**What the task requires:** Wherever the word "refl" shows up in the data, report the line it sits in.

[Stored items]
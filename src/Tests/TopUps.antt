-- ===== src/Tests/TopUps.antt =====
-- Top ups of internal/service/wallet.go, run.
use go_ewallet_backend.Prelude.{◌≡◌, refl, ◌⊎◌, some, none}
use go_ewallet_backend.Prelude.Int.{pos, ◌+ℤ◌, ◌-ℤ◌}
use go_ewallet_backend.Prelude.Int64.{add64, sub64, wrap}
use go_ewallet_backend.Model.{Status, success, TopUpOrder}
use go_ewallet_backend.Runtime.{
  World, ok, ◌>>=◌, recover, run_in, in_tx, on_db, begin_tx, commit_as, commit, with_rollback,
  run_on,
}
use go_ewallet_backend.Repository.Idempotency
use go_ewallet_backend.Repository.Ledger
use go_ewallet_backend.Repository.Outbox
use go_ewallet_backend.Repository.TopUp
use go_ewallet_backend.Repository.Wallet.Balances.{
  get_wallet_by_user_id, select_by_user, get_wallet_by_id_for_update_tx,
  update_balance_by_wallet_id_tx, select_by_id, add_by_id_touching,
}
use go_ewallet_backend.Service.Amount.{validate_and_apply_top_up}
use go_ewallet_backend.Service.Reference.{generate_reference}
use go_ewallet_backend.Service.Reservation.{reserve, hash_payload, complete_idempotency}
use go_ewallet_backend.Service.Wallet.Event.{publish_event_tx}
use go_ewallet_backend.Service.Wallet.TopUp.{
  confirm_top_up, confirm_in_tx, confirm_reserved, confirm_order, confirm_pending, pay_order,
  create_top_up, create_top_up_with, create_in_tx, create_reserved,
}
use go_ewallet_backend.Service.Wallet.TopUp.Waiting.{Waiting, create_top_up-opens}
use go_ewallet_backend.Service.Wallet.TopUp.Promise.{
  Receipt, confirm_top_up-pays, confirm_top_up-once,
}
use go_ewallet_backend.Tests.Fixture.{
  calm, start, ordered, ordered-IsSound, waiting_order, first_order, by_bank, from_bank,
}

abbrev pub after_payment : World
after_payment = (confirm_top_up calm 12 "TUP-2" "k2" by_bank ordered).1

abbrev pub paid_order : TopUpOrder
paid_order = record {
  id = 2;
  wallet_id = 2;
  reference_id = "TUP-2";
  amount = pos 5000;
  status = success;
  payment_channel = "manual";
  external_reference = some "BANK-9";
  description = "";
  balance_before = some (pos 0);
  balance_after = some (pos 5000);
  created_at = 1;
  updated_at = 1000;
  confirmed_at = some 1000;
  failed_at = none;
}

pub payment_runs :
    confirm_top_up calm 12 "TUP-2" "k2" by_bank ordered ≡ (ok paid_order, after_payment)
unfolding confirm_top_up confirm_in_tx confirm_reserved confirm_order confirm_pending pay_order
    ◌>>=◌ recover run_in in_tx on_db begin_tx commit_as commit with_rollback run_on
    get_wallet_by_id_for_update_tx update_balance_by_wallet_id_tx select_by_id add_by_id_touching
    reserve hash_payload Idempotency.reserve Idempotency.insert_key TopUp.scan_row
    TopUp.scan_top_up_order TopUp.get_by_reference_id_for_user_tx TopUp.select_order_of
    TopUp.mark_successful_tx TopUp.mark_successful validate_and_apply_top_up add64 sub64 wrap ◌+ℤ◌
    ◌-ℤ◌ Ledger.create_tx Ledger.insert_entry complete_idempotency Idempotency.mark_completed
    Idempotency.complete_key publish_event_tx Outbox.create_tx Outbox.insert_event
payment_runs = refl

abbrev pub after_order : World
after_order = (create_top_up calm 12 "k3" from_bank start).1

abbrev pub new_order : TopUpOrder
new_order = record {
  id = 2;
  wallet_id = 2;
  reference_id = "TUP-20260101000000-aaa";
  amount = pos 7000;
  status = Status.pending;
  payment_channel = "manual";
  external_reference = none;
  description = "gaji";
  balance_before = none;
  balance_after = none;
  created_at = 1001;
  updated_at = 1001;
  confirmed_at = none;
  failed_at = none;
}

pub order_runs : create_top_up calm 12 "k3" from_bank start ≡ (ok new_order, after_order)
unfolding create_top_up create_top_up_with create_in_tx create_reserved ◌>>=◌ recover run_in in_tx
    on_db begin_tx commit_as commit with_rollback run_on get_wallet_by_user_id select_by_user
    reserve hash_payload Idempotency.reserve Idempotency.insert_key generate_reference
    TopUp.scan_row TopUp.scan_top_up_order TopUp.create_tx TopUp.insert_order
    validate_and_apply_top_up add64 sub64 wrap ◌+ℤ◌ ◌-ℤ◌ complete_idempotency
    Idempotency.mark_completed Idempotency.complete_key
order_runs = refl

confirm_top_up-pays_example :
    (after_payment.committed ≡ ordered.committed)
    ⊎ Receipt waiting_order ordered.committed paid_order after_payment.committed
confirm_top_up-pays_example =
    confirm_top_up-pays calm 12 "TUP-2" "k2" by_bank ordered waiting_order ordered-IsSound refl refl
      payment_runs

-- The first order has been paid.
confirm_top_up-once_example :
    let c = (confirm_top_up calm 11 "TUP-1" "k4" by_bank ordered).1.committed in
    (c.wallets ≡ ordered.committed.wallets)
    × (c.ledger_entries ≡ ordered.committed.ledger_entries)
    × (c.top_up_orders ≡ ordered.committed.top_up_orders)
confirm_top_up-once_example =
    confirm_top_up-once calm 11 "TUP-1" "k4" by_bank ordered first_order refl refl

create_top_up-opens_example :
    (after_order.committed ≡ start.committed)
    ⊎ Waiting 12 from_bank start.committed new_order after_order.committed
create_top_up-opens_example = create_top_up-opens calm 12 "k3" from_bank start order_runs
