-- ===== src/Tests/Transfers.antt =====
-- Transfers of internal/service/wallet.go, run.
use go_ewallet_backend.Prelude.{◌≡◌, refl, ◌⊎◌}
use go_ewallet_backend.Prelude.Int.{pos, ◌+ℤ◌, ◌-ℤ◌}
use go_ewallet_backend.Prelude.Int64.{add64, sub64, wrap}
use go_ewallet_backend.Model.{success, TransferResponse}
use go_ewallet_backend.Runtime.{
  World, ok, ◌>>=◌, recover, run_in, in_tx, on_db, begin_tx, commit_as, commit, with_rollback,
  run_on,
}
use go_ewallet_backend.Repository.Idempotency
use go_ewallet_backend.Repository.Ledger
use go_ewallet_backend.Repository.Outbox
use go_ewallet_backend.Repository.Wallet.Balances.{
  get_wallet_by_user_id, select_by_user, subtract_by_id, add_by_id,
}
use go_ewallet_backend.Repository.Wallet.Transfers.{
  transfer_with_metadata_tx, apply_transfer, select_locked, insert_transfer,
}
use go_ewallet_backend.Service.Reference.{generate_reference}
use go_ewallet_backend.Service.Reservation.{reserve, hash_payload, complete_idempotency}
use go_ewallet_backend.Service.Wallet.Event.{publish_event_tx}
use go_ewallet_backend.Service.Wallet.Transfer.{
  transfer_with_idempotency, transfer_in_tx, transfer_reserved, record_transfer,
}
use go_ewallet_backend.Service.Wallet.Transfer.Receipt.{Receipt, transfer-pays}
use go_ewallet_backend.Service.Wallet.Transfer.Records.{Trail, transfer-records}
use go_ewallet_backend.Service.Wallet.Transfer.Refused.{transfer-refused}
use go_ewallet_backend.Tests.Fixture.{calm, start, start-IsSound, coffee, used_key}

abbrev pub after_coffee : World
after_coffee = (transfer_with_idempotency calm 11 "k1" coffee start).1

abbrev pub coffee_response : TransferResponse
coffee_response = record {
  id = 1;
  from_wallet_id = 1;
  to_wallet_id = 2;
  amount = pos 20000;
  reference_id = "TRF-20260101000000-aaa";
  status = success;
  description = "kopi";
  sender_balance_before = pos 50000;
  sender_balance_after = pos 30000;
  recipient_balance_before = pos 0;
  recipient_balance_after = pos 20000;
  created_at = 1001;
}

pub coffee_runs :
    transfer_with_idempotency calm 11 "k1" coffee start ≡ (ok coffee_response, after_coffee)
unfolding transfer_with_idempotency transfer_in_tx transfer_reserved record_transfer ◌>>=◌ recover
    run_in in_tx on_db begin_tx commit_as commit with_rollback run_on get_wallet_by_user_id
    select_by_user reserve hash_payload Idempotency.reserve Idempotency.insert_key
    generate_reference transfer_with_metadata_tx select_locked apply_transfer subtract_by_id
    add_by_id insert_transfer add64 sub64 wrap ◌+ℤ◌ ◌-ℤ◌ Ledger.create_tx Ledger.insert_entry
    complete_idempotency Idempotency.mark_completed Idempotency.complete_key publish_event_tx
    Outbox.create_tx Outbox.insert_event
coffee_runs = refl

transfer-pays_example :
    (after_coffee.committed ≡ start.committed)
    ⊎ Receipt 11 coffee start.committed coffee_response after_coffee.committed
transfer-pays_example = transfer-pays calm 11 "k1" coffee start start-IsSound.0 coffee_runs

transfer-records_example :
    (after_coffee.committed ≡ start.committed)
    ⊎ ((x : Receipt 11 coffee start.committed coffee_response after_coffee.committed) × Trail coffee
          start.committed coffee_response after_coffee.committed x)
transfer-records_example = transfer-records calm 11 "k1" coffee start start-IsSound.0 coffee_runs

transfer-refused_example :
    ¬ (transfer_with_idempotency calm 11 "k1" coffee used_key ≡ (ok coffee_response, used_key))
transfer-refused_example =
    transfer-refused calm 11 "k1" coffee used_key coffee_response used_key refl refl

**Answer to the exercise:**
use go_ewallet_backend.Prelude.{◌≡◌, refl, ◌⊎◌, some, none}
payment_runs = refl
order_runs = refl
    confirm_top_up-pays calm 12 "TUP-2" "k2" by_bank ordered waiting_order ordered-IsSound refl refl
    confirm_top_up-once calm 11 "TUP-1" "k4" by_bank ordered first_order refl refl
use go_ewallet_backend.Prelude.{◌≡◌, refl, ◌⊎◌}
coffee_runs = refl
    transfer-refused calm 11 "k1" coffee used_key coffee_response used_key refl refl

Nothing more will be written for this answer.